There is a growth in the number of entrepreneurs starting businesses with social and environmental purposes. This module examines ideas and practices for addressing social needs. These include social enterprises, collaborative innovation networks, hubs, digital platforms, and support intermediaries. The module is centred around how students can start their own social entrepreneurship projects. The module will consist of a selection of presentations and discussions around social innovation and social entrepreneurship.

This class, run by the Department of Civil and Environmental Engineering, covers organisational and regulatory aspects of waste management practice in the UK: legislation, composition of domestic and industrial wastes, storage, collection, reception, and disposal of solid wastes, clinical wastes, sewage sludge disposal, recycling and recovery. The class discusses common methods used in the management and treatment of solid municipal waste: recycling, thermal treatment of solid waste (incineration, gasification, pyrolysis), biological treatment of solid waste (anaerobic digestion and composting), and landfill as a disposal option.

Family businesses represent an important part of all businesses across different types of economies, encompassing larger to smaller firms. The specific nature of family business compared to other businesses emphasises the importance of family members on business creation, strategy and growth. In this class, participant explore aspects of governance, work ethics and succession as well as family dynamics, conflict on gender issues. The class, run by the Hunter Centre for Entrepreneurship, gives students insights into effective and professional work with and within family firms.

The Internationalisation & Growth Lab recognizes that in today’s globalised business world, ventures often face international competition and international opportunities from inception. Therefore, internationalisation is no longer the premise of larger, more established corporations but it also happens in new and small firms. Identifying and selecting international markets for entry requires considering a number of factors and planning accordingly. This lab, run by the Hunter Centre for Entrepreneurship, will equip students with the critical and applied understanding needed to plan international market selection and entry

This class, run by the Hunter Centre for Entrepreneurship, is designed to build knowledge of the processes underpinning innovation. The class will provide an introduction to the main concepts and frameworks related to definitions, processes, strategies, organisation and sources of innovation. Towards the end of the class, new trends in innovation, such as social innovation and frugal innovation, will also be covered.

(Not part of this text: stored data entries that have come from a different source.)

-- ===== src/ControlPlane/Stream.antt =====
-- include/chronosx/control_plane.hpp: a client's messages are served one after the other, however the
-- stream of their bytes is cut into reads.
use mathlib.Core.List.{append_assoc}
use mathlib.Core.Path.{subst}
use chronos_x.Base.{
  ℕ, suc, ◌≤◌, ◌<◌, ◌≡◌, refl, sym, ap, ◌∙◌, List, [], ◌∷◌, ◌++◌, All, true, false, ◌||◌, Option,
  none, some, arith, ◌==◌, ◌!=◌, length, get_or, set, ==-ne,
}
use chronos_x.Types.{StatUpdate}
use chronos_x.ChaosEngine.{ChaosRule}
use chronos_x.Control.{Layout}
use chronos_x.ControlPlane.{ControlPlaneCore, ConnectionBuffer, new_buffer, append}
use chronos_x.ControlPlane.Buffer.{Holds, append-Holds}
use chronos_x.ControlPlane.Messages.{
  IsMessage, concat, Shorter, Split, messages_within, Shorter-IsPartial,
}
use chronos_x.ControlPlane.Server.{ControlPlaneServer, find_slot}
use chronos_x.ControlPlane.Clients.{
  SendResult, send_all, message_loop, served_at, receive_bytes, bytes_read, handle_client,
}
use chronos_x.ControlPlane.Loop.{count_after, request_once, serve, loop_serves}
use chronos_x.ControlPlane.Connection.{
  Connected, served_server, set-set, set-get_or, no_message, Shorter-small, All-split,
  count_after-append, if_false, served_at_lem, IsRead, Connected-served_server, enough,
  nothing_left,
}

module _ (rule_layout : Layout ChaosRule) (stats_layout : Layout StatUpdate) (max_rules : ℕ) where
  serve-append :
      (xs ys : List (List ℕ)) (core : ControlPlaneCore)
      → serve rule_layout stats_layout max_rules
          (serve rule_layout stats_layout max_rules core xs)
          ys
        ≡ serve rule_layout stats_layout max_rules core (xs ++ ys)
  unfolding serve
  serve-append [] ys core = refl
  serve-append (x ∷ xs) ys core =
      serve-append xs ys (request_once rule_layout stats_layout max_rules core x)

  module _ (results : ℕ → List ℕ → List SendResult)
      (delivered : (n : ℕ) (bytes : List ℕ)
        → send_all (results n bytes) (length bytes) ≡ some true) where
    handle_client_lem :
        (s : ControlPlaneServer) (fd slot : ℕ) (data' : List ℕ)
        → find_slot s fd ≡ slot
        → slot < s.connection_count
        → handle_client rule_layout stats_layout max_rules results s fd (bytes_read data')
          ≡ receive_bytes rule_layout stats_layout max_rules results s slot data'
    unfolding handle_client
    handle_client_lem s fd slot data' found counted =
        if_false (find_slot s fd == s.connection_count) _ _ (==-ne _ _ (ground (arith, found)))
        ∙ ap (λ k. receive_bytes rule_layout stats_layout max_rules results s k data') found

    receive_bytes_lem :
        (s : ControlPlaneServer) (slot : ℕ) (data' : List ℕ)
        → let (appended, b) = append (get_or s.buffers slot new_buffer) data' in
          appended ≡ length data'
          → b.overflowed ≡ false
          → receive_bytes rule_layout stats_layout max_rules results s slot data'
            ≡ served_at
                (record s { buffers = set s.buffers slot b })
                slot
                (message_loop rule_layout stats_layout max_rules results
                  (suc b.write_pos)
                  s.core
                  b
                  s.messages_handled)
    unfolding receive_bytes
    receive_bytes_lem s slot data' whole clean =
        let (appended, b) = append (get_or s.buffers slot new_buffer) data' in
        if_false (appended != length data' || b.overflowed) _ _ (ground (arith, whole, clean))

    -- One read: the messages that are now complete are served, and the rest waits in the buffer.
    read_serves :
        (s : ControlPlaneServer) (fd slot : ℕ) (p data' ys : List ℕ) (ms : List (List ℕ))
        → Connected s fd slot p
        → All IsMessage ms
        → length p ≤ 4096
        → length data' ≤ 4096
        → (split : Split (p ++ data') ys ms)
        → (b : ConnectionBuffer) × (handle_client rule_layout stats_layout max_rules results s fd
              (bytes_read data')
            ≡ some (
                served_server s slot b
                  (serve rule_layout stats_layout max_rules s.core split.passed)
                  (count_after (length split.passed) s.messages_handled)))
          × Holds b split.left
          × (length b.buffer ≡ 8192)
    read_serves s fd slot p data' ys ms c is short shorter split =
        let b : ConnectionBuffer = get_or s.buffers slot new_buffer in
        let (whole, held, size) = append-Holds b p data' c.holds (omega (arith, c.size)) in
        let b1 : ConnectionBuffer = (append b data').1 in
        let (done, ahead) =
          All-split split.passed split.ahead (subst (All IsMessage) split.all is) in
        let part = Shorter-IsPartial split.left ys split.ahead ahead split.last split.shorter in
        let holds : Holds b1 (concat split.passed ++ split.left) =
          subst (Holds b1) split.first held in
        let (b', loop, holds', size') =
          loop_serves rule_layout stats_layout max_rules results delivered split.passed split.left
            (suc b1.write_pos) s.core b1 s.messages_handled done part holds
            (enough b1 split.passed split.left done holds) in
        (
          b',
          handle_client_lem s fd slot data' c.found c.counted
              ∙ receive_bytes_lem s slot data' whole held.clean
              ∙ ap (served_at (record s { buffers = set s.buffers slot b1 }) slot) loop
              ∙ served_at_lem s slot b1 b'
                  (serve rule_layout stats_layout max_rules s.core split.passed)
                  (count_after (length split.passed) s.messages_handled),
          holds',
          size' ∙ size ∙ c.size,
        )

    -- Messages served one after the other are served together.
    then_served :
        (s : ControlPlaneServer) (slot : ℕ) (b b' : ConnectionBuffer) (xs ys ms : List (List ℕ))
        → ms ≡ xs ++ ys
        → let served = serve rule_layout stats_layout max_rules in
          let s1 : ControlPlaneServer =
            served_server s slot b
              (served s.core xs)
              (count_after (length xs) s.messages_handled) in
          some (
            served_server s1 slot b'
              (served s1.core ys)
              (count_after (length ys) s1.messages_handled))
          ≡ some (
              served_server s slot b'
                (served s.core ms)
                (count_after (length ms) s.messages_handled))
    then_served s slot b b' xs ys ms e = λ i. some (record s {
      core =
          (serve-append xs ys s.core ∙ ap (serve rule_layout stats_layout max_rules s.core) (sym e))
            i;
      buffers = set-set s.buffers slot b b' i;
      messages_handled =
          (count_after-append xs ys s.messages_handled
              ∙ ap (λ l. count_after (length l) s.messages_handled) (sym e))
            i;
    })

    -- Reads of one descriptor, one after the other.
    unfoldable pub client_reads : List (List ℕ) → ControlPlaneServer → ℕ → Option ControlPlaneServer
    client_reads [] s fd = some s
    client_reads (data' ∷ reads) s fd =
        elim (handle_client rule_layout stats_layout max_rules results s fd (bytes_read data')) [
          | none ↦ none
          | some s' ↦ client_reads reads s' fd
        ]

    reads_serve :
        (reads : List (List ℕ)) (s : ControlPlaneServer) (fd slot : ℕ) (p : List ℕ)
        (ms : List (List ℕ))
        → Connected s fd slot p
        → All IsMessage ms
        → All IsRead reads
        → Shorter p ms
        → p ++ concat reads ≡ concat ms
        → (b : ConnectionBuffer) × (client_reads reads s fd
            ≡ some (
                served_server s slot b
                  (serve rule_layout stats_layout max_rules s.core ms)
                  (count_after (length ms) s.messages_handled)))
          × Holds b []
          × (length b.buffer ≡ 8192)
    unfolding client_reads serve count_after
    reads_serve [] s fd slot p ms c is small short e =
        let (no_bytes, no_messages) = no_message p ms is e short in
        (
          get_or s.buffers slot new_buffer,
          ap (λ bs. some (record s { buffers = bs })) (sym (set-get_or s.buffers slot new_buffer))
              ∙ ap
                  (λ l. some (
                    served_server s slot (get_or s.buffers slot new_buffer)
                      (serve rule_layout stats_layout max_rules s.core l)
                      (count_after (length l) s.messages_handled)))
                  (sym no_messages),
          subst (Holds (get_or s.buffers slot new_buffer)) no_bytes c.holds,
          c.size,
        )
    reads_serve (data' ∷ reads) s fd slot p ms c is (small, smalls) short e =
        let split =
          messages_within (p ++ data') (concat reads) ms
            (append_assoc p data' (concat reads) ∙ e) in
        let (b, read, holds, size) =
          read_serves s fd slot p data' (concat reads) ms c is (Shorter-small p ms is short) small
            split in
        let core : ControlPlaneCore =
          serve rule_layout stats_layout max_rules s.core split.passed in
        let handled : ℕ = count_after (length split.passed) s.messages_handled in
        let s1 : ControlPlaneServer = served_server s slot b core handled in
        let ahead = (All-split split.passed split.ahead (subst (All IsMessage) split.all is)).1 in
        let (b', rest, holds', size') =
          reads_serve reads s1 fd slot split.left split.ahead
            (Connected-served_server s fd slot p b split.left core handled c holds size) ahead
            smalls split.shorter split.last in
        (
          b',
          rw (read, client_reads)
              (rest ∙ then_served s slot b b' split.passed split.ahead ms split.all),
          holds',
          size',
        )

    -- Where a connection's buffer is empty, its client sends messages of at most 4096 bytes with truthful
    -- length fields, and the replies are delivered, the server handles those messages, in their order,
    -- each once, and then waits with an empty buffer and the connection open, however the stream is
    -- cut into reads of at most 4096 bytes: within messages, or several messages at once.
    pub client_reads-serve :
        (reads ms : List (List ℕ)) (s : ControlPlaneServer) (fd slot : ℕ)
        → Connected s fd slot []
        → All IsMessage ms
        → All IsRead reads
        → concat reads ≡ concat ms
        → (b : ConnectionBuffer) × (client_reads reads s fd
            ≡ some (
                served_server s slot b
                  (serve rule_layout stats_layout max_rules s.core ms)
                  (count_after (length ms) s.messages_handled)))
          × Holds b []
          × (length b.buffer ≡ 8192)
    client_reads-serve reads ms s fd slot c is small e =
        reads_serve reads s fd slot [] ms c is small (nothing_left ms is) e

This class, run by the Department of Economics, introduces contemporary issues in the economics of development. The course aims to combine insights from theoretical economic models with empirical evidence regarding issues in low-income countries. 

In many environments, decisions are not made in a vacuum: what any individual does affects the wellbeing of others, and vice-versa. When this is the case decision-making requires some very careful thought indeed. Game Theory recognises this inter-dependence of decisions, and through its study students will develop skills to analyse such strategic environments using appropriate game theoretic tools, enabling them to enhance their decision-making ability in environments where they face strategic adversaries. Whilst Game Theory is used extensively in Economics, it is also of great importance in the business environment whenever interactions take place at a strategic level.

This class gives you an understanding of the ways in which the maritime environment can offer a significant contribution, in a sustainable manner, to global energy demands. You’ll undertake engineering assessments of the design and operation of marine energy generating systems.

This class aims to impart an understanding of the theoretical and operational principles underlying simulation modelling of energy supply and demand systems and their environmental impact. The emphasis is on practical computer lab-based modelling exercises.